◆ **What is required**: A single figure is wanted: the count of lines below containing the string "publish".

Provided data below:

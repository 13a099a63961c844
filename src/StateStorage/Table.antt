-- ===== src/StateStorage/Table.antt =====
-- The table of package states is keyed by the hash of the name.
use fresh_core_native.Prelude.{
  ℕ, ◌≡◌, refl, ◌∙◌, ap, Bytes, some, List, [], ◌∷◌, ◌==◌, if◌then◌else◌, arith,
}
use fresh_core_native.CacheData.{PackageState, States, find, assign}
use fresh_core_native.Os.{Env}
use fresh_core_native.Sys.{Sys}
use fresh_core_native.Sys.Monad.{St, pure, ◌>>=◌, ◌>>◌}
use fresh_core_native.Sys.Monad
use fresh_core_native.StateImage.{hash_package_name}
use fresh_core_native.StateStorage.{state_of, get_package_state, update_package_state}

pub find-assign :
    (j k : ℕ) (st : PackageState) (m : States)
    → find j (assign k st m) ≡ (if j == k then some st else find j m)
unfolding find assign
find-assign j k st [] = ground arith
find-assign j k st ((i, w) ∷ m) = ground (arith, find-assign j k st m)

-- The state of the last update whose package has the hash `k`, or `old`.
abbrev pub latest : ℕ → List (Bytes × PackageState) → PackageState → PackageState
latest k [] old = old
latest k ((name, st) ∷ updates) old =
    latest k updates (if k == hash_package_name name then st else old)

module _ ⦃env : Env⦄ where
  -- After an update of one package, every package whose name has the same hash reads the new state,
  -- and every other package reads what it read before.
  pub get_package_state_updated :
      (pkg_name other : Bytes) (st : PackageState) (s : Sys)
      → (get_package_state other (update_package_state pkg_name st s).1).0 ≡ (
          if hash_package_name other == hash_package_name pkg_name
          then st
          else (get_package_state other s).0)
  unfolding get_package_state update_package_state state_of Monad.gets Monad.modify
  get_package_state_updated pkg_name other st s =
      rw (find-assign (hash_package_name other) (hash_package_name pkg_name) st s.states)
        (ground arith)

  -- UpdatePackageState, call after call.
  unfoldable pub updates : List (Bytes × PackageState) → St (Unit {0})
  updates [] = pure tt
  updates ((name, st) ∷ rest) = do update_package_state name st; updates rest

  -- After any updates, a package reads the state of the last update of a package whose name has the
  -- same hash, and what it read before where there was none.
  pub get_package_state-latest :
      (other : Bytes) (ups : List (Bytes × PackageState)) (s : Sys)
      → (get_package_state other (updates ups s).1).0
        ≡ latest (hash_package_name other) ups (get_package_state other s).0
  unfolding updates ◌>>=◌ pure
  get_package_state-latest other [] s = refl
  get_package_state-latest other ((name, st) ∷ rest) s =
      get_package_state-latest other rest (update_package_state name st s).1
      ∙ ap (latest (hash_package_name other) rest) (get_package_state_updated name other st s)
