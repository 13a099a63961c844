-- ===== src/Cache/Cleaner/Cooldown.antt =====
-- What a completed cleaning records, against the analysis that reads it.
use fresh_core_native.Prelude.{ℕ, ◌+◌, ◌%◌, ◌≡◌, [], ◌∷◌}
use fresh_core_native.CacheData.{CacheDirInfo, PackageState}
use fresh_core_native.Os.{Env, info, text}
use fresh_core_native.Diagnostics.{milliseconds}
use fresh_core_native.Sys.{Sys}
use fresh_core_native.Sys.Monad
use fresh_core_native.Sys.Fuel
use fresh_core_native.Sys.Logged.{Logged, Logged-IsPreorder}
use fresh_core_native.Logging.{log}
use fresh_core_native.StateStorage.{get_package_state}
use fresh_core_native.Cache.Cleaner.{record_cleanup}

-- What `after` must hold, from the package's state `before` and the time of the cleaning.
pub record IsCleaned (time : ℕ) (before after : PackageState) : Type 0 where
  pub last_cleanup_ms : after.last_cleanup_ms ≡ time
  pub cleanup_count : after.cleanup_count ≡ (before.cleanup_count + 1) % 4294967296
  pub last_size_bytes : after.last_size_bytes ≡ 0
  pub hash : after.hash ≡ before.hash
  pub last_scan_ms : after.last_scan_ms ≡ before.last_scan_ms
  pub growth : after.growth_rate_bytes_per_day ≡ before.growth_rate_bytes_per_day

module _ ⦃env : Env⦄ where
  -- The clock at the end of the cleaning.
  abbrev cleanup_time : CacheDirInfo → Sys → ℕ
  cleanup_time target s =
      milliseconds
        (env.realtime (log info "Completed clean of: %s" (text target.path ∷ []) s).1.calls)

  abbrev pub recorded : CacheDirInfo → Sys → PackageState
  recorded target s = (get_package_state target.pkg_name (record_cleanup target s).1).0
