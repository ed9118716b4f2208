-- ===== src/Reservations/Service.antt =====
-- app/domain/reservation/services: `ReservationService`.
use library_api.Prelude.{
  ℕ, ◌+◌, String, true, false, Option, none, some, List, is_some, if◌then◌else◌,
}
use library_api.Prelude.Int.{pos, ltb_ℤ}
use library_api.Datetime.{Datetime}
use library_api.Errors.{business_rule, not_found}
use library_api.Models.Reservation.{Reservation, ReservationStatus, status_eq}
use library_api.Responses.{Page, CancelReservationResponse}
use library_api.Events.{DomainEvent, ReservationEvent}
use library_api.EventBus.{EventBus, publish}
use library_api.Exec.{Exec, pure, raise_if, run, gets, modify, or_raise, ◌>>=◌, ◌>>◌}
use library_api.External.{External}
use library_api.World.{State, Metrics, utcnow, new_id}
use library_api.Books.Repository as Books
use library_api.Loans.Queries.{find_user}
use library_api.Reservations.Repository

pub record CreateReservation : Type 0 where
  pub book_id : String

module _ ⦃ext : External⦄ where
  abbrev count_metric : (Metrics → Metrics) → State → State
  count_metric f w = record w { metrics = f w.metrics }

  abbrev reservation_event : Datetime → Reservation → ReservationEvent
  reservation_event occurred_at r = record {
    occurred_at = occurred_at;
    reservation_id = r.id;
    user_id = r.user_id;
    book_id = r.book_id;
  }

  unfoldable pub create_reservation : EventBus → CreateReservation → String → Exec State Reservation
  unfolding publish
  create_reservation event_bus input user_id = do
    user ← gets (find_user user_id)
    or_raise user (not_found "Usuário não encontrado")
    found ← gets (Books.find_by_id input.book_id)
    listed ← or_raise found (not_found "Livro não encontrado")
    raise_if (ltb_ℤ (pos 0) listed.book.available_copies)
        (business_rule "O livro está disponível e não precisa de reserva")
    existing_reservation ← Repository.find_active_by_user_and_book user_id input.book_id
    raise_if (is_some existing_reservation)
        (business_rule "O usuário já possui uma reserva ativa para este livro")
    reservation_id ← run new_id
    created_at ← run utcnow
    let created : Reservation = record {
      id = reservation_id;
      user_id = user_id;
      book_id = input.book_id;
      status = ReservationStatus.active;
      created_at = created_at;
      cancelled_at = none;
      fulfilled_at = none;
    }
    modify (Repository.create created)
    occurred_at ← run utcnow
    publish event_bus (DomainEvent.reservation_created (reservation_event occurred_at created))
    modify (
        count_metric
          λ m. record m { reservations_created_total = m.reservations_created_total + 1 })
    pure created

  unfoldable pub cancel_reservation : EventBus → String → Exec State CancelReservationResponse
  unfolding publish
  cancel_reservation event_bus reservation_id = do
    found ← gets (Repository.find_by_id reservation_id)
    reservation ← or_raise found (not_found "Reserva não encontrada")
    raise_if (if status_eq reservation.status ReservationStatus.active then false else true)
        (business_rule "Apenas reservas ativas podem ser canceladas")
    now ← run utcnow
    let updated : Reservation = record reservation {
      status = ReservationStatus.cancelled;
      cancelled_at = some now;
    }
    modify (Repository.update updated)
    occurred_at ← run utcnow
    publish event_bus (DomainEvent.reservation_cancelled (reservation_event occurred_at updated))
    modify (
        count_metric
          λ m. record m { reservations_cancelled_total = m.reservations_cancelled_total + 1 })
    pure (record { id = updated.id; status = updated.status; cancelled_at = updated.cancelled_at })

  unfoldable pub list_paginated :
      (List Reservation → List Reservation)
      → ℕ
      → ℕ
      → Option String
      → Option String
      → Option ReservationStatus
      → State
      → Page Reservation
  unfolding Repository.list_paginated
  list_paginated oldest_first page size user_id book_id status w =
      let (reservations, total) =
        Repository.list_paginated oldest_first page size user_id book_id status w in
      record { items = reservations; total = total; page = page; size = size }

  unfoldable pub get_reservation : String → Exec State Reservation
  get_reservation reservation_id = do
    found ← gets (Repository.find_by_id reservation_id)
    or_raise found (not_found "Reserva não encontrada")
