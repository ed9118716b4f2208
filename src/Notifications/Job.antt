-- ===== src/Notifications/Job.antt =====
-- app/domain/notifications/jobs: `DueLoanNotificationJob`, which app/schedule/scheduler.py runs
-- every day at eight, and an administrator at will.
use library_api.Prelude.{◌+◌, String, none, some, List, [], ◌∷◌}
use library_api.Datetime.{Date}
use library_api.Models.Loan.{Loan}
use library_api.Models.Notification.{NotificationType}
use library_api.Exec.{Exec, pure, run, gets, ◌>>=◌, ◌>>◌}
use library_api.External.{External}
use library_api.World.{State, today}
use library_api.Loans.Repository as Loans
use library_api.Notifications.{send_once_per_day}

module _ ⦃ext : External⦄ where
  -- `for loan in loans: send_once_per_day(...)`
  abbrev pub remind_all : NotificationType → String → List Loan → Exec State (Unit {0})
  remind_all type message [] = pure tt
  remind_all type message (loan ∷ loans) =
      send_once_per_day loan.user_id type message (some loan.id) none
      >> remind_all type message loans

  unfoldable pub remind_overdue : Exec State (Unit {0})
  unfolding send_once_per_day Loans.list_overdue_for_notifications
  remind_overdue = do
    overdue_loans ← run Loans.list_overdue_for_notifications
    remind_all NotificationType.loan_overdue "Seu empréstimo está atrasado. Regularize a devolução."
        overdue_loans

  unfoldable pub remind_due_on : Date → NotificationType → String → Exec State (Unit {0})
  unfolding send_once_per_day Loans.list_due_on_date
  remind_due_on date type message = do
    due_loans ← gets (Loans.list_due_on_date date)
    remind_all type message due_loans

  -- The three rounds; `date.today()` is read once, at the start.
  unfoldable pub execute : Exec State (Unit {0})
  unfolding remind_due_on remind_overdue
  execute = do
    date ← run today
    remind_due_on (date + 2) NotificationType.loan_due_soon "Seu empréstimo vence em 2 dias."
    remind_due_on date NotificationType.loan_due_today "Seu empréstimo vence hoje."
    remind_overdue
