-- ===== src/Api.antt =====
-- The requests that write, as one type, and what serving them does to the state. Each service is
-- wired as its controller's `get_..._service` does it; an exception ends only its own request.
use library_api.Prelude.{String, List, [], ◌∷◌}
use library_api.EventBus.{service_bus}
use library_api.External.{External}
use library_api.World.{State}
use library_api.Users.Service as Users
use library_api.Authors.Service as Authors
use library_api.Books.Service as Books
use library_api.Loans.Service as Loans
use library_api.Reservations.Service as Reservations
use library_api.Notifications.Job as Job

pub data Request : Type 0 where
  create_user : Users.CreateUser → Request
  update_user : String → Users.UpdateUser → Request
  update_role : String → Users.UpdateUserRole → Request
  delete_user : String → Request
  create_author : Authors.CreateAuthor → Request
  update_author : String → Authors.UpdateAuthor → Request
  delete_author : String → Request
  create_book : Books.CreateBook → Request
  update_book : String → Books.UpdateBook → Request
  delete_book : String → Request
  create_loan : Loans.CreateLoan → Request
  return_loan : String → Request
  pay_fine : String → Request
  update_loan : String → Loans.UpdateLoan → Request
  cancel_loan : String → Request
  renew_loan : String → Request
  create_reservation : Reservations.CreateReservation → String → Request
  cancel_reservation : String → Request
  run_due_loans_job : Request

module _ ⦃ext : External⦄ where
  unfoldable pub serve : Request → State → State
  unfolding service_bus
  serve (create_user input) w = (Users.create_user input w).1
  serve (update_user user_id input) w = (Users.update_user user_id input w).1
  serve (update_role user_id input) w = (Users.update_role user_id input w).1
  serve (delete_user user_id) w = (Users.delete_user user_id w).1
  serve (create_author input) w = (Authors.create_author input w).1
  serve (update_author author_id input) w = (Authors.update_author author_id input w).1
  serve (delete_author author_id) w = (Authors.delete_author author_id w).1
  serve (create_book input) w = (Books.create_book input w).1
  serve (update_book book_id input) w = (Books.update_book book_id input w).1
  serve (delete_book book_id) w = (Books.delete_book book_id w).1
  serve (create_loan input) w = (Loans.create_loan service_bus input w).1
  serve (return_loan loan_id) w = (Loans.return_loan service_bus loan_id w).1
  serve (pay_fine loan_id) w = (Loans.pay_fine loan_id w).1
  serve (update_loan loan_id input) w = (Loans.update_loan loan_id input w).1
  serve (cancel_loan loan_id) w = (Loans.cancel_loan service_bus loan_id w).1
  serve (renew_loan loan_id) w = (Loans.renew_loan loan_id w).1
  serve (create_reservation input user_id) w =
      (Reservations.create_reservation service_bus input user_id w).1
  serve (cancel_reservation reservation_id) w =
      (Reservations.cancel_reservation service_bus reservation_id w).1
  serve run_due_loans_job w = (Job.execute w).1

  unfoldable pub serve_all : List Request → State → State
  unfolding serve
  serve_all [] w = w
  serve_all (r ∷ rs) w = serve_all rs (serve r w)
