-- ===== src/Authors.antt =====
-- app/domain/authors: the repository, the service and the controller.
pub mod Repository
pub mod Service
pub mod Effects
pub mod Catalogue
pub mod Controller
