-- ===== src/Effects.antt =====
-- How a handler ends: the two ways in which a statement about a run is made.
use library_api.Prelude.{◌≤◌, ◌≡◌, ap}
use library_api.Errors.{Error}
use library_api.Exec.{Exec, Result, ok, err, ◌>>=◌}
use library_api.External.{External}
use library_api.World.{State}

-- What holds of the result of a handler, by how it ends.
abbrev pub Ends : {S A : Type 0} → (A → S → Type 0) → (S → Type 0) → Result A × S → Type 0
Ends P Q (ok a, s) = P a s
Ends P Q (err e, s) = Q s

-- The handler returns.
abbrev pub Returns : {S A : Type 0} → Result A × S → Type 0
Returns (ok a, s) = Unit
Returns (err e, s) = ⊥

module _ ⦃ext : External⦄ where
  -- Only the clock may have been read.
  pub record Unchanged (w w' : State) : Type 0 where
    pub db : w'.db ≡ w.db
    pub cache : w'.cache ≡ w.cache
    pub metrics : w'.metrics ≡ w.metrics
    pub later : w.identifiers ≤ w'.identifiers

-- What holds of the state either way holds after the run.
pub Ends-state :
    {S A : Type 0} {P : A → S → Type 0} {Q R : S → Type 0} (x : Result A × S)
    → Ends P Q x
    → ((a : A) (s : S) → P a s → R s)
    → ((s : S) → Q s → R s)
    → R x.1
Ends-state (ok a, s) h f g = f a s h
Ends-state (err e, s) h f g = g s h

-- What `Ends` says of a run that has returned.
pub Ends-ok :
    {S A : Type 0} (P : A → S → Type 0) (Q : S → Type 0) (x : Result A × S) {a : A}
    → Ends P Q x
    → x.0 ≡ ok a
    → (b : A) × P b x.1
Ends-ok P Q (ok b, s) p h = (b, p)
Ends-ok P Q (err e, s) p h = cc

-- The promise holds of the very value that was returned.
pub Ends-returned :
    {S A : Type 0} (P : A → S → Type 0) (Q : S → Type 0) (x : Result A × S) {a : A}
    → Ends P Q x
    → x.0 ≡ ok a
    → P a x.1
Ends-returned P Q (ok b, s) {a} p h = let e : b ≡ a = cc in rw e at p
Ends-returned P Q (err e, s) p h = cc

-- How a block goes on when its first part raises, and when it returns.
module _ {S A B : Type 0} (m : Exec S A) (f : A → Exec S B) {w s : S} where
  pub bind-err : {e : Error} → m w ≡ (err e, s) → (m >>= f) w ≡ (err e, s)
  bind-err h = ap (λ x. ((λ _. x) >>= f) w) h

  pub bind-ok : {a : A} → m w ≡ (ok a, s) → (m >>= f) w ≡ f a s
  bind-ok h = ap (λ x. ((λ _. x) >>= f) w) h
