-- ===== src/Cache/Laws.antt =====
-- What the operations of the cache do to what a later `get` finds.
use library_api.Prelude.{
  String, ◌≡◌, refl, none, some, List, [], ◌∷◌, arith, ◌==◌, if◌then◌else◌, Option-cases, inl, inr,
  ℕ,
}
use library_api.Responses.{Document}
use library_api.External.{External, listed}
use library_api.Cache.{cached, delete_all}

module _ ⦃ext : External⦄ where
  -- After a `set`, a `get` of the key returns the document, and every other key is as it was.
  pub cached-set :
      (s : ext.Store) (k j : String) (d : Document) (ttl : ℕ)
      → cached (ext.set s k (ext.dumps d) ttl) j ≡ (if k == j then some d else cached s j)
  unfolding cached
  cached-set s k j d ttl =
      ground (arith, ext.get-set s k (ext.dumps d) ttl j, ext.loads-dumps d, ext.dumps_nonempty d)

  -- After a `delete`, a `get` of the key finds nothing, and every other key is as it was.
  pub cached-delete :
      (s : ext.Store) (k j : String)
      → cached (ext.delete s k) j ≡ (if k == j then none else cached s j)
  unfolding cached
  cached-delete s k j = ground (arith, ext.get-delete s k j)

  get-delete_all :
      (keys : List String) (s : ext.Store) (j : String)
      → ext.get (delete_all keys s) j ≡ (if listed j keys then none else ext.get s j)
  unfolding delete_all
  get-delete_all [] s j = refl
  get-delete_all (k ∷ keys) s j =
      ground (arith, get-delete_all keys (ext.delete s k) j, ext.get-delete s k j)

  get-delete_pattern :
      (s : ext.Store) (p j : String)
      → ext.get (delete_all (ext.scan_iter s p) s) j
        ≡ (if ext.matches p j then none else ext.get s j)
  get-delete_pattern s p j = elim (Option-cases (ext.get s j)) [
    | inl absent ↦ ground (arith, get-delete_all (ext.scan_iter s p) s j)
    | inr (v, present) ↦ ground (
      arith,
      get-delete_all (ext.scan_iter s p) s j,
      ext.scan_complete s p j v present,
      ext.scan_sound s p j,
    )
  ]

  -- After `delete_pattern` a `get` finds nothing under the keys that match the pattern, and under
  -- every other key what it found before.
  pub cached-delete_pattern :
      (s : ext.Store) (p j : String)
      → cached (delete_all (ext.scan_iter s p) s) j ≡ (if ext.matches p j then none else cached s j)
  unfolding cached
  cached-delete_pattern s p j = ground (arith, get-delete_pattern s p j)
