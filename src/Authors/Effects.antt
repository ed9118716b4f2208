-- ===== src/Authors/Effects.antt =====
-- How the methods of the author service that write end.
use library_api.Prelude.{
  ◌≤◌, String, ◌≡◌, refl, true, false, some, arith, Option-cases, inl, inr, map,
}
use library_api.Models.Author.{Author, author_row}
use library_api.Models.Book.{book_row}
use library_api.Table.{insert, save}
use library_api.External.{External}
use library_api.World.{State}
use library_api.Effects.{Ends, Unchanged}
use library_api.Authors.Repository
use library_api.Authors.Repository.{deactivated}
use library_api.Authors.Service.{
  CreateAuthor, UpdateAuthor, create_author, update_author, delete_author, edited, invalidate_books,
}

module _ ⦃ext : External⦄ where
  -- The tables that the author service leaves alone.
  pub record Untouched (w w' : State) : Type 0 where
    pub users : w'.users ≡ w.users
    pub loans : w'.loans ≡ w.loans
    pub reservations : w'.reservations ≡ w.reservations
    pub later : w.identifiers ≤ w'.identifiers

  abbrev pub new_author : CreateAuthor → State → Author
  new_author input w = record {
    id = ext.uuid w.identifiers;
    name = input.name;
    biography = input.biography;
    created_at = ext.clock w.readings;
    is_active = true;
  }

  pub record AuthorCreated (input : CreateAuthor) (w w' : State) : Type 0 where
    pub authors : w'.authors ≡ insert (new_author input w) w.authors
    pub books : w'.books ≡ w.books
    pub cache : w'.cache ≡ w.cache
    pub rest : Untouched w w'

  pub create_author-Ends :
      (input : CreateAuthor) (w : State)
      → Ends (λ r. AuthorCreated input w) (Unchanged w) (create_author input w)
  unfolding create_author
  create_author-Ends input w = record {
    authors = refl;
    books = refl;
    cache = refl;
    rest = ground arith;
  }

  pub record AuthorUpdated (author_id : String) (input : UpdateAuthor) (w w' : State) : Type 0 where
    pub author : Author
    pub found : Repository.find_by_id author_id w ≡ some author
    pub authors : w'.authors ≡ save (edited input author) w.authors
    pub books : w'.books ≡ w.books
    pub cache : w'.cache ≡ (invalidate_books w).cache
    pub rest : Untouched w w'

  pub update_author-Ends :
      (author_id : String) (input : UpdateAuthor) (w : State)
      → Ends (λ r. AuthorUpdated author_id input w) (Unchanged w) (update_author author_id input w)
  unfolding update_author
  update_author-Ends author_id input w = elim (Option-cases (Repository.find_by_id author_id w)) [
    | inl no_author ↦ ground arith
    | inr (author, found) ↦ rw found (record {
      author = author;
      found = found;
      authors = refl;
      books = refl;
      cache = refl;
      rest = ground arith;
    })
  ]

  pub record AuthorDeleted (author_id : String) (w w' : State) : Type 0 where
    pub author : Author
    pub found : Repository.find_by_id author_id w ≡ some author
    pub authors : w'.authors ≡ save (record author { is_active = false }) w.authors
    pub books : w'.books ≡ map (deactivated author.id) w.books
    pub cache : w'.cache ≡ (invalidate_books w).cache
    pub rest : Untouched w w'

  pub delete_author-Ends :
      (author_id : String) (w : State)
      → Ends (λ r. AuthorDeleted author_id w) (Unchanged w) (delete_author author_id w)
  unfolding delete_author
  delete_author-Ends author_id w = elim (Option-cases (Repository.find_by_id author_id w)) [
    | inl no_author ↦ ground arith
    | inr (author, found) ↦ rw found (record {
      author = author;
      found = found;
      authors = refl;
      books = refl;
      cache = refl;
      rest = ground arith;
    })
  ]
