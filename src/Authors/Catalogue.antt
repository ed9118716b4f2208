-- ===== src/Authors/Catalogue.antt =====
-- What `get_book` answers after a change of an author, whatever the cache held before.
use library_api.Prelude.{
  String, ◌≡◌, refl, true, none, some, List, [], ◌∷◌, Option, arith, eq_iff, eq_refl, map,
}
use library_api.Errors.{domain, not_found}
use library_api.Models.Author.{Author, author_row}
use library_api.Models.Book.{Book, book_row}
use library_api.Responses.{Document}
use library_api.Table.{find_by_key, find_by_key-save, find_where_self}
use library_api.Exec.{ok, err}
use library_api.External.{External}
use library_api.World.{State}
use library_api.Effects.{Ends-ok, Unchanged}
use library_api.Cache.{cached, read_through}
use library_api.Cache.Keys.{book_detail_key}
use library_api.Cache.Laws.{cached-delete_pattern}
use library_api.Authors.Repository
use library_api.Authors.Repository.{deactivated}
use library_api.Authors.Service.{
  UpdateAuthor, update_author, delete_author, edited, invalidate_books,
}
use library_api.Authors.Effects.{
  AuthorUpdated, AuthorDeleted, update_author-Ends, delete_author-Ends,
}
use library_api.Books.Repository as Books
use library_api.Books.Service.{get_book, serialize_book}

abbrev pub option_map : {A B : Type 0} → (A → B) → Option A → Option B
option_map f none = none
option_map f (some x) = some (f x)

-- Deactivation changes no key.
pub find_by_key-map-deactivated :
    (author_id k : String) (l : List Book)
    → find_by_key k (map (deactivated author_id) l)
      ≡ option_map (deactivated author_id) (find_by_key k l)
unfolding find_by_key
find_by_key-map-deactivated author_id k [] = refl
find_by_key-map-deactivated author_id k (b ∷ l) =
    ground (arith, find_by_key-map-deactivated author_id k l)

edited_kept :
    (input : UpdateAuthor) (a : Author)
    → ((edited input a).id ≡ a.id) × ((edited input a).is_active ≡ a.is_active)
edited_kept input a = ground arith

module _ ⦃ext : External⦄ where
  get_book_unlisted :
      (book_id : String) (w : State)
      → cached w.cache (book_detail_key book_id) ≡ none
      → Books.find_by_id book_id w ≡ none
      → (get_book book_id w).0 ≡ err (domain (not_found "Livro não encontrado"))
  unfolding get_book read_through
  get_book_unlisted book_id w miss unlisted = ground (arith, miss, unlisted)

  get_book_listed :
      (book_id : String) (w : State) (l : Books.Listed)
      → cached w.cache (book_detail_key book_id) ≡ none
      → Books.find_by_id book_id w ≡ some l
      → (get_book book_id w).0 ≡ ok (Document.book (serialize_book l))
  unfolding get_book read_through
  get_book_listed book_id w l miss listed = ground (arith, miss, listed)

module _ ⦃ext : External⦄ (plain : ext.is_plain "book:" ≡ true) where
  book_gone :
      (book_id : String) (w : State)
      → cached (invalidate_books w).cache (book_detail_key book_id) ≡ none
  book_gone book_id w =
      rw (cached-delete_pattern, cached-delete_pattern)
        (ground (arith, ext.matches-star "book:" book_id plain))

  -- Once `delete_author` has returned, `get_book` answers "not found" for every book of the author,
  -- also if the book was cached.
  pub get_book-delete_author :
      (author_id book_id : String) (book : Book) (w : State)
      → find_by_key book_id w.books ≡ some book
      → book.author_id ≡ author_id
      → (delete_author author_id w).0 ≡ ok tt
      → (get_book book_id (delete_author author_id w).1).0
        ≡ err (domain (not_found "Livro não encontrado"))
  get_book-delete_author author_id book_id book w found of_author deleted =
      let w' = (delete_author author_id w).1 in
      let (_, p) =
        Ends-ok (λ r. AuthorDeleted author_id w) (Unchanged w) (delete_author author_id w)
          (delete_author-Ends author_id w) deleted in
      let (row, _, key) = find_where_self author_id Repository.is_active w.authors p.found in
      let miss : cached w'.cache (book_detail_key book_id) ≡ none =
        rw p.cache (book_gone book_id w) in
      let hidden : find_by_key book_id w'.books ≡ some (deactivated p.author.id book) =
        rw (p.books, find_by_key-map-deactivated p.author.id book_id w.books, found) refl in
      let unlisted : Books.find_by_id book_id w' ≡ none =
        rw hidden (ground (arith, key, of_author, eq_iff book.author_id p.author.id)) in
      get_book_unlisted book_id w' miss unlisted

  -- Once `update_author` has returned, `get_book` answers for an active book of the author with the
  -- author as edited, also if the book was cached with the author of before.
  pub get_book-update_author :
      (author_id book_id : String) (input : UpdateAuthor) (book : Book) (author r : Author)
      (w : State)
      → find_by_key book_id w.books ≡ some book
      → book.author_id ≡ author_id
      → book.is_active ≡ true
      → Repository.find_by_id author_id w ≡ some author
      → (update_author author_id input w).0 ≡ ok r
      → (get_book book_id (update_author author_id input w).1).0
        ≡ ok (Document.book (serialize_book (record { book = book; author = edited input author })))
  get_book-update_author author_id book_id input book author r w found of_author active there
        updated =
      let w' = (update_author author_id input w).1 in
      let (_, p) =
        Ends-ok (λ r. AuthorUpdated author_id input w) (Unchanged w)
          (update_author author_id input w) (update_author-Ends author_id input w) updated in
      let (row, on, key) = find_where_self author_id Repository.is_active w.authors p.found in
      let same : p.author ≡ author = ground (arith, p.found, there) in
      let miss : cached w'.cache (book_detail_key book_id) ≡ none =
        rw p.cache (book_gone book_id w) in
      let kept : find_by_key book_id w'.books ≡ some book = rw p.books found in
      let (same_id, same_flag) = edited_kept input p.author in
      let old_row : find_by_key (edited input p.author).id w.authors ≡ some p.author =
        rw same_id row in
      let its_author : Repository.find_by_id author_id w' ≡ some (edited input p.author) =
        rw p.authors (
          ground (
            arith,
            find_by_key-save author_id (edited input p.author) p.author w.authors old_row,
            same_id,
            same_flag,
            key,
            on,
            eq_refl author_id,
          )) in
      get_book_listed book_id w' (record { book = book; author = edited input author }) miss
        (ground (arith, kept, active, of_author, its_author, same))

End of Provided data.

◆ **Solution for this problem**: 5